This one should work: http://file.tlv.redhat.com/ebenahar/sosreport-puma55.scl.lab.tlv.redhat.com-20181015144234.tar.xz
The libvirt logs included here are all empty, unfortunately, and the libvirt logs start after the event. Is this reproducible? I tried disconnecting storage last week, and did not encounter it. But in vdsm log, there are a huge amount of errors about a full executor queue, which looks like it may a different bug (shouldn't vdsm drop a task from the queue if there's an exception? It seems like yes, but I've never checked)
Haven't seen the issue ever since its original occurrence.
*** Bug 1664032 has been marked as a duplicate of this bug. ***
Re-opened due to an upstream report. Can you please add any logs or steps to reproduce?

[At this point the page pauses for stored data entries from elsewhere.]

-- ===== src/TreePatch/RoundTrip.antt =====
-- rust/src/tree_patch.rs and its parts together: `create`, and `apply` behind it.
pub mod Entries
pub mod Alike
pub mod Parsed
pub mod Rebuilt
use difz.Prelude.{
  ℕ, ◌<◌, ◌≤◌, ◌≡◌, refl, sym, ap, ◌∙◌, Bool, true, List, [], ◌∷◌, map, arith, length, ok,
  >>=-eq-ok, All, subst,
}
use difz.Prelude.Bytes.{Bytes, bytes_eq, bytes_eq_refl}
use difz.Prelude.Utf8.Encoding.{IsScalar}
use difz.Metadata.Omit.{Omit}
use difz.Directory.Snapshot.{Entry, Snapshot, mode_of}
use difz.Directory.Canonical
use difz.Directory.Canonical.{CanonicalSnapshot}
use difz.Directory.Canonical.Relations.{new-eq-ok}
use difz.File.Codec.{Native}
use difz.File.Patch.RoundTrip.{IsHash, IsLossless}
use difz.TreePatch.{default_limits}
use difz.TreePatch.Encoding.{CreateOptions, masked, create_masked, create, header_for}
use difz.TreePatch.Encoding.Outcome.{IsCreated, create_masked-IsCreated}
use difz.TreePatch.Encoding.Projection.{IsSound, IsMasked, masked-IsMasked}
use difz.TreePatch.Applying.{ApplyLimits, Rebuilt as RebuiltEntry, rebuild_all, apply, entries_of}
use difz.TreePatch.Applying.Safety.{output_bytes}
use difz.TreePatch.RoundTrip.Entries.{IsGood}
use difz.TreePatch.RoundTrip.Parsed.{decode-created, parsed, good, header}
use difz.TreePatch.RoundTrip.Rebuilt.{same_total, same_files, rebuild_all_of}

modes_of :
    (omit : Omit) (es : List Entry) → All (IsGood omit) es → All (λ e. mode_of e.content ≤ 511) es
modes_of omit [] h = tt
modes_of omit (e ∷ es) h = (h.0.mode, modes_of omit es h.1)

-- Limits that differ from the default in the size of the output only.
abbrev pub limits_of : ℕ → ApplyLimits
limits_of n = record { patch = default_limits; max_output_bytes = n }

-- The snapshots that are compared, and a patch between them.
module _ (native : Native) (reserve : ℕ → Bool) (blake3 : Bytes → Bytes)
    (ample : (n : ℕ) → reserve n ≡ true) (hash : IsHash blake3) (lossless : IsLossless native)
    (source target s t : CanonicalSnapshot) (options : CreateOptions) (maximum : ℕ)
    (from_source : IsMasked native reserve blake3 ample options.omit source s)
    (compared : masked native reserve blake3 source options.omit ≡ ok s)
    (from_target : IsMasked native reserve blake3 ample options.omit target t)
    (mask : options.omit.bits < 64) (scalars : All (λ r. All IsScalar r.pattern) options.rules)
    (budget : output_bytes target.snapshot.entries ≤ maximum) {patch : Bytes}
    (made : IsCreated native reserve blake3 s t options patch) where
  rebuilt :
      (all : List RebuiltEntry) × (rebuild_all native reserve blake3 source.snapshot.entries []
          maximum made.entries
        ≡ ok all)
      × (entries_of all ≡ t.snapshot.entries)
  rebuilt =
      let (_, asc, related, _, _) = new-eq-ok t.snapshot from_target.sound.canonical in
      let modes = modes_of options.omit t.snapshot.entries (
        good native reserve blake3 ample hash s t options from_target.sound from_target.kept
          from_target.root mask scalars made) in
      let spent = same_total t.snapshot.entries target.snapshot.entries (
        same_files t.snapshot.entries target.snapshot.entries from_target.paths
          from_target.contents) in
      rebuild_all_of native reserve blake3 ample hash lossless source.snapshot.entries
        s.snapshot.entries
        (same_files s.snapshot.entries source.snapshot.entries from_source.paths
          from_source.contents)
        [] t.snapshot.entries made.entries maximum asc related modes made.written_as
        (omega (arith, spent, budget))

  apply-created : apply native reserve blake3 source patch (limits_of maximum) ≡ ok t
  unfolding apply parsed header_for header
  apply-created =
      let (all, built, entries) = rebuilt in
      let parsed_is =
        decode-created native reserve blake3 ample hash s t options from_target.sound
          from_target.kept from_target.root mask scalars made in
      rw
        (
          parsed_is,
          compared,
          bytes_eq_refl (Canonical.hash blake3 s),
          ample (length made.entries),
          built,
          entries,
          from_target.sound.canonical,
          bytes_eq_refl (Canonical.hash blake3 t),
        )
        refl

-- If the hash function returns 32 bytes, the decompressor inverts the compressor for the same
-- source and the exact size, every allocation succeeds, both snapshots are canonical with valid
-- records of typed fields, the mask has the six families' bits, the rules are Unicode text, the
-- files and link targets of the target take no more bytes than a maximum and `create` returned a
-- patch, then applying the patch to the source within that maximum gives the target without the
-- omitted families.
pub apply-create :
    (native : Native) (reserve : ℕ → Bool) (blake3 : Bytes → Bytes)
    → ((n : ℕ) → reserve n ≡ true)
    → IsHash blake3
    → IsLossless native
    → (source target : CanonicalSnapshot) (options : CreateOptions) (maximum : ℕ) (patch : Bytes)
    → IsSound source
    → IsSound target
    → options.omit.bits < 64
    → All (λ r. All IsScalar r.pattern) options.rules
    → output_bytes target.snapshot.entries ≤ maximum
    → create native reserve blake3 source target options ≡ ok patch
    → (t : CanonicalSnapshot) × (masked native reserve blake3 target options.omit ≡ ok t)
      × (apply native reserve blake3 source patch (limits_of maximum) ≡ ok t)
unfolding create
apply-create native reserve blake3 ample hash lossless source target options maximum patch
      source_sound target_sound mask scalars budget h =
    let (s, compared, h₁) = >>=-eq-ok (masked native reserve blake3 source options.omit) _ h in
    let (t, kept, h₂) = >>=-eq-ok (masked native reserve blake3 target options.omit) _ h₁ in
    (
      t,
      kept,
      apply-created native reserve blake3 ample hash lossless source target s t options maximum
          (masked-IsMasked native reserve blake3 ample options.omit source source_sound compared)
          compared
          (masked-IsMasked native reserve blake3 ample options.omit target target_sound kept) mask
          scalars budget (create_masked-IsCreated native reserve blake3 s t options h₂),
    )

Description of problem is the same: A connectivity problem between ovirt host and the iscsi storage caused VMs to enter paused state. After the storage domain was recovered, VMs are locked in pased state. Steps to Reproduce: 1. Start VMs on the host, whose disks are on the iscsi storage, disconnect the storage from the host(interrupt network connection between the host and the storage). 2. After VMs turned to paused state, re-connect the hosts to the storage Actual results: VMs should be resumed automatically, but that doesn't succeed. It enters not responding or remains in paused state. The behaviour differs from time to time. Expected results: VM should be resumed successfully from paused after EIO What kind of additional logs should be collected?
Any updates?
vdsm.log, hopefully
Created attachment 1630039 [details] vdsm log The vdsm.log is attached. The problem is still persist.
Please attach a complete sosreport